Os australianos alegavam que havia o risco de a Lusorecursos não apresentar o novo pedido de exploração antes do prazo findar – 7 de dezembro – o que, a acontecer, causaria prejuízos irreparáveis. Mas a Lusorecursos provou ao tribunal que entretanto tinha apresentado o pedido à DGEG. Assim, o tribunal considerou que a Novo Lítio já não poderia substituir-se à empresa de Braga. 

Contrato válido 

Na base da contenda está a tentativa da Novo Lítio conseguir a licença de exploração, mas a Lusorecursos é a única entidade com quem «o Estado tem um contrato devidamente válido», reconhece o Ministério da Economia.

O atual contrato de prospeção, cujo titular é a Lusorecursos, foi assinado em 7 de dezembro de 2012 e terminou cinco anos depois, esta quinta-feira. Entretanto, em junho do ano passado, a Novo Lítio  – então ainda Dakota Minerals  -,  anunciou ter acordado a compra à Lusorecursos dos direitos desta licença. Só que a transferência dos direitos para os australianos nunca aconteceu, levando a Novo Lítio a pôr a Lusorecursos em tribunal. A decisão da Lusorecursos de «não reconhecer a existência e validade do contrato celebrado com a Dakota Minerals/Novo Lítio» está também a ser contestada pela Sinergeo, empresa que esteve na génese da Lusorecursos e que admite também processar os dois sócios da firma bracarense.  

Para a exploração – o tribunal pedia provas de capacidade financeira para poder avançar -, os dois empresários notificaram o Ministério da Economia da intenção de constituir uma sociedade, a Lusorecursos Sepeda, cujo capital social – de 1,5 milhões de euros – seria repartido por três empresas dos empresários.  A acompanhar o «pedido de atribuição de concessão de exploração de depósitos minerais na sequência de prospeção» está um compromisso dos dois empresários a aumentar o capital social da empresa no primeiro ano de atividade para 5 milhões de euros.

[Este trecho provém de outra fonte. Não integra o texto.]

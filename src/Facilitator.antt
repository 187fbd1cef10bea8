-- ===== src/Facilitator.antt =====
-- src/mainnet/proof-facilitator-*.ts: the adapter of the candidate facilitator.
pub mod Errors
pub mod Responses
pub mod Http
pub mod Client
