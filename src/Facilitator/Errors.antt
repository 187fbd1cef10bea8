-- ===== src/Facilitator/Errors.antt =====
-- src/mainnet/proof-facilitator-errors.mainnet.ts: the errors of the facilitator's adapter, and what
-- becomes of any other error behind it.
pub mod Laws
use x402_worker_template.Prelude.{String}

pub data Category : Type 0 where
  invalid_origin invalid_path redirect timeout network http_status content_type : Category
  oversized_body invalid_json schema internal : Category

pub record AdapterError : Type 0 where
  message : String
  pub category : Category

-- What may be thrown: an adapter error, a `DOMException` named "AbortError", a `TypeError`, or
-- anything else.
pub data Thrown : Type 0 where
  adapter : AdapterError → Thrown
  aborted type_error unknown : Thrown

-- A value, or what was thrown in its place.
pub data Result {ℓ} (A : Type ℓ) : Type ℓ where
  ok : A → Result A
  threw : Thrown → Result A

abbrev pub error : String → Category → AdapterError
error message category = record { message = message; category = category }

abbrev pub throws {ℓ} : {A : Type ℓ} → String → Category → Result A
throws message category = threw (adapter (error message category))

unfoldable pub to_safe_facilitator_transport_error : Thrown → Category → AdapterError
to_safe_facilitator_transport_error (adapter e) fallback = e
to_safe_facilitator_transport_error aborted fallback =
    error "Facilitator request timed out." timeout
to_safe_facilitator_transport_error type_error fallback =
    error "Facilitator network request failed." network
to_safe_facilitator_transport_error unknown fallback = error "Facilitator request failed." fallback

A questão do financiamento do projeto tinha levado a Lusorecursos, em setembro de 2015, a pedir a suspensão temporária dos trabalhos por causa dos impactos da «grave crise económica». E seis meses depois revelou que tinha «excelentes perspetivas de concretização» da entrada no capital de um novo parceiro – a Dakota Minerals, o que permitiria «potenciar e acelerar o plano de investimentos previsto»

A providência cautelar da Novo Lítio contra a Lusorecursos alegava que a empresa australiana tinha – devido a um contrato assinado com a empresas de Braga – legitimidade para pedir ao Estado a transferência para si da posição contratual em Sepeda. 

Mas a Novo Lítio nunca pediu ao Ministério da Economia esta  transferência, o que, segundo o Tribunal Braga, mesmo que quisesse pedir a licença de exploração, teria uma «enorme dificuldade», dado nunca ter tido a  autorização administrativa. 

Apesar da decisão judicial lhe ter sido desfavorável, a Novo Lítio anunciou que, em resposta a esta decisão do Tribunal de Braga, «tomou de imediato as medidas necessárias para proteger os seus direitos através de uma estratégia jurídica a desenvolver em várias fases, enquanto prepara a propositura da ação principal».

Ações suspensas 

Na terça-feira as ações da Novo Lítio tinham sido suspensas em bolsa, à espera de esclarecimentos da empresa sobre a providência cautelar que acabou chumbada. 

A suspensão da negociação de ações da Novo Lítio não é novidade. Em maio, devido ao diferendo  com a Lusorecursos, tinha suspendido, com dois prolongamentos, a negociação das ações na bolsa australiana.  A ASX (bolsa australiana) considera que as suspensões voluntárias de negociação não são incomuns mas devem ser um último recurso.